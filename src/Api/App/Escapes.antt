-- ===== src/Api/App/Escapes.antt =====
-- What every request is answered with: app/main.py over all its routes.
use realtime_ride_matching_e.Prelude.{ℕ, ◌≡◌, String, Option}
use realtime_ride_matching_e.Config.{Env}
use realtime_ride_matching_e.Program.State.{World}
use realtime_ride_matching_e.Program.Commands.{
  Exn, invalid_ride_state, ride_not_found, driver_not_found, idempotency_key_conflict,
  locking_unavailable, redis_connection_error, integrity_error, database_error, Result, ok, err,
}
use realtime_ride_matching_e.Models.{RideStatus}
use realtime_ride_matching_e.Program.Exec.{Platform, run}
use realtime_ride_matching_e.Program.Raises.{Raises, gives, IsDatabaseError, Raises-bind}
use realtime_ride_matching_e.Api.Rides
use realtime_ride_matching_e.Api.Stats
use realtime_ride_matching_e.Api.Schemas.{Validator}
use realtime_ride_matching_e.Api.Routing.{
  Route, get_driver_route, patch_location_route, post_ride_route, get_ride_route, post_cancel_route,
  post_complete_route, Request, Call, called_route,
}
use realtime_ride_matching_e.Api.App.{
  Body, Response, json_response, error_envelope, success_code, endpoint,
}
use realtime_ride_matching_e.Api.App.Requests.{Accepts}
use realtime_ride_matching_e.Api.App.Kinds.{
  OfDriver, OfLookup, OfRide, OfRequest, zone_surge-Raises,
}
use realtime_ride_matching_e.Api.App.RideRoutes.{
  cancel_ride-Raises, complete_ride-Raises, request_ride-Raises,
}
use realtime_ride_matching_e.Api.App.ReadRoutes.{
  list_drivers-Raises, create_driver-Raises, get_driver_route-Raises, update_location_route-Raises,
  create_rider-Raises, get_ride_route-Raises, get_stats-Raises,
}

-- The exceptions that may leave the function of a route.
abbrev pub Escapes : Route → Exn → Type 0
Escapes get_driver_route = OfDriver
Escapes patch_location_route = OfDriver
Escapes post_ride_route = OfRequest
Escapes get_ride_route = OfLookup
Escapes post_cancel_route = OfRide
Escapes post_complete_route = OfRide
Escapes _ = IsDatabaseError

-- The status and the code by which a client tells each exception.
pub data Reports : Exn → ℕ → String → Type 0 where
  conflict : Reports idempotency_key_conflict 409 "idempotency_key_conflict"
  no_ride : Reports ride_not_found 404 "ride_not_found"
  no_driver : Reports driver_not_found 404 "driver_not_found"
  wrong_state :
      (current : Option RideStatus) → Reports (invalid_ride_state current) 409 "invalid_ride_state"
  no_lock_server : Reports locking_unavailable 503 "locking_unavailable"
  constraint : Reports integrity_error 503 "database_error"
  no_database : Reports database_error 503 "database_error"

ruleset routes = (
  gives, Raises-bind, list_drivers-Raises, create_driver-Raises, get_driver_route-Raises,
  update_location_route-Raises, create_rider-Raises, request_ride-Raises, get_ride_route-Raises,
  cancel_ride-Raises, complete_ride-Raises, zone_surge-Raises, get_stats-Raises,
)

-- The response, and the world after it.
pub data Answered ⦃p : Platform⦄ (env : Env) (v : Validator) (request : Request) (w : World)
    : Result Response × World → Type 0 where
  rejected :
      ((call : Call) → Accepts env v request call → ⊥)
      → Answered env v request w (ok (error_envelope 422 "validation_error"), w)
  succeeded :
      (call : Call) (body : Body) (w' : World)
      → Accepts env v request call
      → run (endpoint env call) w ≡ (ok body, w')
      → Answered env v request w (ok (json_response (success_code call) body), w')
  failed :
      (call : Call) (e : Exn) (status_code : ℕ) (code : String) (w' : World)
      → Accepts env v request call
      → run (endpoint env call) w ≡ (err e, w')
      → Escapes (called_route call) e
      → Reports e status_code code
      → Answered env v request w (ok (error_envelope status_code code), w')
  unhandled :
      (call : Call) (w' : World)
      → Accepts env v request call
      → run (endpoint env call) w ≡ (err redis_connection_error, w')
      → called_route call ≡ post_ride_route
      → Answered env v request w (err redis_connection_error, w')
________
Aim of the task:
Can you reproduce all the material exactly?

Response area:
filename src/Api/App/Escapes.antt
-- ===== src/Api/App/Escapes.antt =====
-- What every request is answered with: app/main.py over all its routes.
use realtime_ride_matching_e.Prelude.{ℕ, ◌≡◌, String, Option}
use realtime_ride_matching_e.Config.{Env}
use realtime_ride_matching_e.Program.State.{World}
use realtime_ride_matching_e.Program.Commands.{
  Exn, invalid_ride_state, ride_not_found, driver_not_found, idempotency_key_conflict,
  locking_unavailable, redis_connection_error, integrity_error, database_error, Result, ok, err,
}
use realtime_ride_matching_e.Models.{RideStatus}
use realtime_ride_matching_e.Program.Exec.{Platform, run}
use realtime_ride_matching_e.Program.Raises.{Raises, gives, IsDatabaseError, Raises-bind}
use realtime_ride_matching_e.Api.Rides
use realtime_ride_matching_e.Api.Stats
use realtime_ride_matching_e.Api.Schemas.{Validator}
use realtime_ride_matching_e.Api.Routing.{
  Route, get_driver_route, patch_location_route, post_ride_route, get_ride_route, post_cancel_route,
  post_complete_route, Request, Call, called_route,
}
use realtime_ride_matching_e.Api.App.{
  Body, Response, json_response, error_envelope, success_code, endpoint,
}
use realtime_ride_matching_e.Api.App.Requests.{Accepts}
use realtime_ride_matching_e.Api.App.Kinds.{
  OfDriver, OfLookup, OfRide, OfRequest, zone_surge-Raises,
}
use realtime_ride_matching_e.Api.App.RideRoutes.{
  cancel_ride-Raises, complete_ride-Raises, request_ride-Raises,
}
use realtime_ride_matching_e.Api.App.ReadRoutes.{
  list_drivers-Raises, create_driver-Raises, get_driver_route-Raises, update_location_route-Raises,
  create_rider-Raises, get_ride_route-Raises, get_stats-Raises,
}

-- The exceptions that may leave the function of a route.
abbrev pub Escapes : Route → Exn → Type 0
Escapes get_driver_route = OfDriver
Escapes patch_location_route = OfDriver
Escapes post_ride_route = OfRequest
Escapes get_ride_route = OfLookup
Escapes post_cancel_route = OfRide
Escapes post_complete_route = OfRide
Escapes _ = IsDatabaseError

-- The status and the code by which a client tells each exception.
pub data Reports : Exn → ℕ → String → Type 0 where
  conflict : Reports idempotency_key_conflict 409 "idempotency_key_conflict"
  no_ride : Reports ride_not_found 404 "ride_not_found"
  no_driver : Reports driver_not_found 404 "driver_not_found"
  wrong_state :
      (current : Option RideStatus) → Reports (invalid_ride_state current) 409 "invalid_ride_state"
  no_lock_server : Reports locking_unavailable 503 "locking_unavailable"
  constraint : Reports integrity_error 503 "database_error"
  no_database : Reports database_error 503 "database_error"

ruleset routes = (
  gives, Raises-bind, list_drivers-Raises, create_driver-Raises, get_driver_route-Raises,
  update_location_route-Raises, create_rider-Raises, request_ride-Raises, get_ride_route-Raises,
  cancel_ride-Raises, complete_ride-Raises, zone_surge-Raises, get_stats-Raises,
)

-- The response, and the world after it.
pub data Answered ⦃p : Platform⦄ (env : Env) (v : Validator) (request : Request) (w : World)
    : Result Response × World → Type 0 where
  rejected :
      ((call : Call) → Accepts env v request call → ⊥)
      → Answered env v request w (ok (error_envelope 422 "validation_error"), w)
  succeeded :
      (call : Call) (body : Body) (w' : World)
      → Accepts env v request call
      → run (endpoint env call) w ≡ (ok body, w')
      → Answered env v request w (ok (json_response (success_code call) body), w')
  failed :
      (call : Call) (e : Exn) (status_code : ℕ) (code : String) (w' : World)
      → Accepts env v request call
      → run (endpoint env call) w ≡ (err e, w')
      → Escapes (called_route call) e
      → Reports e status_code code
      → Answered env v request w (ok (error_envelope status_code code), w')
  unhandled :
      (call : Call) (w' : World)
      → Accepts env v request call
      → run (endpoint env call) w ≡ (err redis_connection_error, w')
      → called_route call ≡ post_ride_route
      → Answered env v request w (err redis_connection_error, w')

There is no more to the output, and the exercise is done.